YOUR INSTRUCTIONS>
Only lines containing the string "where" belong in the answer; find them in the records and copy them.

--- SOURCE INFORMATION ---

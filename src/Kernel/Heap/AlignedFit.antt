-- ===== src/Kernel/Heap/AlignedFit.antt =====
-- The search for room of `AllocateAligned`.
use xblob_emulator.Kernel.Heap.{FreeBlock, align_up, aligned_fit}
use xblob_emulator.Kernel.Heap.Cover.{inside, cover_free, IsBounded}
use xblob_emulator.Kernel.Heap.Fit.{IsTaken, added_IsTaken}
use xblob_emulator.Prelude.{
  ℕ, ◌+◌, ◌-◌, ◌%◌, ◌≤◌, ◌<◌, ◌≡◌, sym, ap, ◌⊎◌, inl, inr, some, List, [], ◌∷◌, arith, ltb, leb,
  Bool-cases, Option-cases, All, u32_mod, u64_mod, add32, sub32, add64,
}

three_parts :
    (x a p n r size c d : ℕ)
    → a + p ≡ c
    → c + n ≡ d
    → p + n + r ≤ size
    → inside x a p + inside x d r + inside x c n ≤ inside x a size
three_parts x a p n r size c d e f le = ground arith

two_parts :
    (x a p n size c : ℕ) → a + p ≡ c → p + n ≤ size → inside x a p + inside x c n ≤ inside x a size
two_parts x a p n size c e le = ground arith

one_part : (x a p n size c : ℕ) → n ≡ 0 → p ≤ size → inside x a p + inside x c n ≤ inside x a size
one_part x a p n size c e le = ground arith

-- A block split for an aligned address, of which the alignment may leave a part unused.
module _ (alignment n : ℕ) (b : FreeBlock) (bs : List FreeBlock) (pos : 0 < alignment)
    (h : All IsBounded (b ∷ bs)) (c : ℕ) (small : c < u32_mod) (room : n + u32_mod ≤ u64_mod)
    (fits : add64 (sub32 c b.addr) n ≤ b.size) where
  -- The aligned address lies in the block, unless nothing is taken.
  padded : (b.addr ≤ c) ⊎ ((c < b.addr) × (c ≡ 0) × (n ≡ 0))
  padded = let hb = h.0 in ground arith

  consumed : add64 (sub32 c b.addr) n ≡ sub32 c b.addr + n
  consumed = ground arith

  gap : b.addr ≤ c → b.addr + sub32 c b.addr ≡ c
  gap le = let hb = h.0 in ground arith

  prefix_suffix :
      alignment ≤ b.size - (sub32 c b.addr + n)
      → IsTaken (b ∷ bs) n (
          some (record {
            blocks =
                record { addr = b.addr; size = sub32 c b.addr }
                ∷ record { addr = add32 c (n % u32_mod); size = b.size - (sub32 c b.addr + n) }
                ∷ bs;
            addr = c;
            size = n;
          }))
  unfolding cover_free
  prefix_suffix r =
      let hb = h.0 in
      let used = consumed in
      elim padded [
        | inl le ↦
            let g = gap le in
            let next : add32 c (n % u32_mod) ≡ c + n = ground arith in
            (
              (omega (arith, g, used), (omega (arith, g, next, used), h.1)),
              omega (arith, g, used),
              omega arith,
              λ x.
                  let parts =
                    three_parts x b.addr (sub32 c b.addr) n (b.size - (sub32 c b.addr + n)) b.size c
                      (add32 c (n % u32_mod)) g (sym next) (omega (arith, used)) in
                  omega (arith, parts),
            )
        | inr (lt, zc, zn) ↦ absurd (ground (arith, used))
      ]

  prefix_only : IsTaken (b ∷ bs) n (
      some (record {
        blocks = record { addr = b.addr; size = sub32 c b.addr } ∷ bs;
        addr = c;
        size = n;
      }))
  unfolding cover_free
  prefix_only =
      let hb = h.0 in
      let used = consumed in
      elim padded [
        | inl le ↦
            let g = gap le in
            (
              (omega (arith, g, used), h.1),
              omega (arith, g, used),
              omega arith,
              λ x.
                  let parts =
                    two_parts x b.addr (sub32 c b.addr) n b.size c g (omega (arith, used)) in
                  omega (arith, parts),
            )
        | inr (lt, zc, zn) ↦ (
          (omega (arith, used), h.1),
          omega arith,
          omega arith,
          λ x.
              let parts = one_part x b.addr (sub32 c b.addr) n b.size c zn (omega (arith, used)) in
              omega (arith, parts),
        )
      ]

  no_padding : sub32 c b.addr ≡ 0 → (c ≡ b.addr) ⊎ (b.size ≡ 0)
  no_padding z = let hb = h.0 in ground arith

  -- Without padding the block is split as in `Allocate`, or used whole.
  suffix_only :
      sub32 c b.addr ≡ 0
      → alignment ≤ b.size - (sub32 c b.addr + n)
      → IsTaken (b ∷ bs) n (
          some (record {
            blocks = record { addr = add32 b.addr n; size = b.size - (sub32 c b.addr + n) } ∷ bs;
            addr = c;
            size = n;
          }))
  unfolding cover_free
  suffix_only z r =
      let hb = h.0 in
      let used = consumed in
      let next : add32 b.addr n ≡ b.addr + n = ground (arith, used) in
      let same : c ≡ b.addr = elim (no_padding z) [ inl e ↦ e | inr e ↦ absurd (omega arith) ] in
      (
        (omega (arith, next, used), h.1),
        omega (arith, same, used),
        omega arith,
        λ x.
            let parts =
              two_parts x b.addr n (b.size - (sub32 c b.addr + n)) b.size (add32 b.addr n)
                (sym next) (omega (arith, used)) in
            let at : inside x c n ≡ inside x b.addr n = ap (λ a. inside x a n) same in
            omega (arith, parts, at),
      )

  whole_block :
      sub32 c b.addr ≡ 0
      → IsTaken (b ∷ bs) n (some (record { blocks = bs; addr = c; size = b.size }))
  unfolding cover_free
  whole_block z =
      let hb = h.0 in
      let used = consumed in
      elim (no_padding z) [
        | inl e ↦ (
          h.1,
          omega (arith, e),
          omega (arith, used),
          λ x.
              let at : inside x c b.size ≡ inside x b.addr b.size = ap (λ a. inside x a b.size) e in
              omega (arith, at),
        )
        | inr e ↦ (
          h.1,
          omega (arith, e),
          omega (arith, used),
          λ x.
              let none_taken = one_part x b.addr b.size b.size b.size c e (omega arith) in
              omega (arith, none_taken),
        )
      ]

pub aligned_fit-IsTaken :
    (alignment align n : ℕ) (bs : List FreeBlock)
    → 0 < alignment
    → n + u32_mod ≤ u64_mod
    → All IsBounded bs
    → IsTaken bs n (aligned_fit alignment align n bs)
unfolding aligned_fit
aligned_fit-IsTaken alignment align n [] pos room h = tt
aligned_fit-IsTaken alignment align n (b ∷ bs) pos room h =
    let c : ℕ = align_up b.addr align % u32_mod in
    let used : ℕ = add64 (sub32 c b.addr) n in
    let small : c < u32_mod = omega arith in
    elim (Bool-cases (leb used b.size)) [
      | inl e ↦
          let fits : used ≤ b.size = ground arith in
          let exact = consumed alignment n b bs pos h c small room fits in
          elim (Bool-cases (ltb 0 (sub32 c b.addr))) [
            | inl p ↦ elim (Bool-cases (leb alignment (b.size - used))) [
              | inl r ↦
                  rw (e, p, r, aligned_fit, exact)
                    (prefix_suffix alignment n b bs pos h c small room fits (ground (arith, exact)))
              | inr r ↦
                  rw (e, p, r, aligned_fit) (prefix_only alignment n b bs pos h c small room fits)
            ]
            | inr p ↦ elim (Bool-cases (leb alignment (b.size - used))) [
              | inl r ↦
                  rw (e, p, r, aligned_fit, exact)
                    (suffix_only alignment n b bs pos h c small room fits (ground arith)
                      (ground (arith, exact)))
              | inr r ↦
                  rw (e, p, r, aligned_fit)
                    (whole_block alignment n b bs pos h c small room fits (ground arith))
            ]
          ]
      | inr e ↦
          let rest = aligned_fit-IsTaken alignment align n bs pos room h.1 in
          elim (Option-cases (aligned_fit alignment align n bs)) [
            | inl f ↦ rw (e, f, aligned_fit) tt
            | inr (t, f) ↦
                let k : IsTaken bs n (some t) = rw f at rest in
                rw (e, f, aligned_fit) (added_IsTaken b bs n t h k)
          ]
    ]
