-- ===== src/Kernel/Heap/Bits.antt =====
-- Bitwise "and" with a mask that keeps the bits from some place on, as arithmetic.
use mathlib.Core.Path.{ap}
use native.Mathlib.Nat.{pow-suc, le_refl}
use Prim.Native.Nat.{min, digits, bit_and, bit_and-bitwise}
use xblob_emulator.Prelude.{
  ℕ, zero, suc, ◌+◌, ◌-◌, ◌*◌, ◌/◌, ◌%◌, ◌^◌, ◌≤◌, ◌<◌, ◌≡◌, refl, ◌∙◌, arith,
}

-- The count of digits to go does not matter where it is enough.
digits_enough :
    (n m a b : ℕ) → a ≤ n → a ≤ m → digits (λ y. 0) min n a b ≡ digits (λ y. 0) min m a b
digits_enough zero zero a b p q = refl
digits_enough zero (suc m) zero b p q = refl
digits_enough (suc n) zero zero b p q = refl
digits_enough (suc n) (suc m) zero b p q = refl
digits_enough zero m (suc a) b p q = absurd (omega arith)
digits_enough (suc n) zero (suc a) b p q = absurd (omega arith)
digits_enough (suc n) (suc m) (suc a) b p q =
    rw (digits_enough n m (suc a / 2) (b / 2) (omega arith) (omega arith))

-- The lowest digit, and the rest.
bit_and_halves : (a b : ℕ) → bit_and a b ≡ bit_and (a / 2) (b / 2) * 2 + min (a % 2) (b % 2)
bit_and_halves zero b = simp bit_and-bitwise (omega arith)
bit_and_halves (suc a) b =
    simp bit_and-bitwise
      (omega (arith, digits_enough a (suc a / 2) (suc a / 2) (b / 2) (omega arith) (le_refl _)))

pub two_pow_suc : (k m : ℕ) → 2 ^ suc k * m ≡ 2 * (2 ^ k * m)
two_pow_suc k m = omega (arith, ap (λ (t : ℕ). t * m) (pow-suc 2 k))

-- All ones keep a number that has no more digits.
pub bit_and_ones : (j q : ℕ) → q < 2 ^ j → bit_and q (2 ^ j - 1) ≡ q
bit_and_ones zero zero lt = refl
bit_and_ones zero (suc q) lt = absurd (omega arith)
bit_and_ones (suc j) q lt = ground (
  arith,
  pow-suc 2 j,
  bit_and_halves q (2 ^ suc j - 1),
  bit_and_ones j (q / 2) (omega (arith, pow-suc 2 j)),
)

-- A mask whose low bits are 0 drops the low bits.
pub bit_and_shifted :
    (k q r m : ℕ) → r < 2 ^ k → bit_and (2 ^ k * q + r) (2 ^ k * m) ≡ 2 ^ k * bit_and q m
bit_and_shifted zero q r m lt =
    let e : 2 ^ 0 * q + r ≡ q = omega arith in
    let f : 2 ^ 0 * m ≡ m = omega arith in rw (e, f) (omega arith)
bit_and_shifted (suc k) q r m lt =
    let a : (2 ^ suc k * q + r) / 2 ≡ 2 ^ k * q + r / 2 = omega (arith, two_pow_suc k q) in
    let b : (2 ^ suc k * m) / 2 ≡ 2 ^ k * m = omega (arith, two_pow_suc k m) in
    let c : (2 ^ suc k * m) % 2 ≡ 0 = omega (arith, two_pow_suc k m) in
    let ih = bit_and_shifted k q (r / 2) m (omega (arith, pow-suc 2 k)) in
    bit_and_halves (2 ^ suc k * q + r) (2 ^ suc k * m)
    ∙ rw (a, b, c, ih) (omega (arith, two_pow_suc k (bit_and q m)))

---

TASK ANSWER>
    (fits : add64 (sub32 c b.addr) n ≤ b.size) where
-- The count of digits to go does not matter where it is enough.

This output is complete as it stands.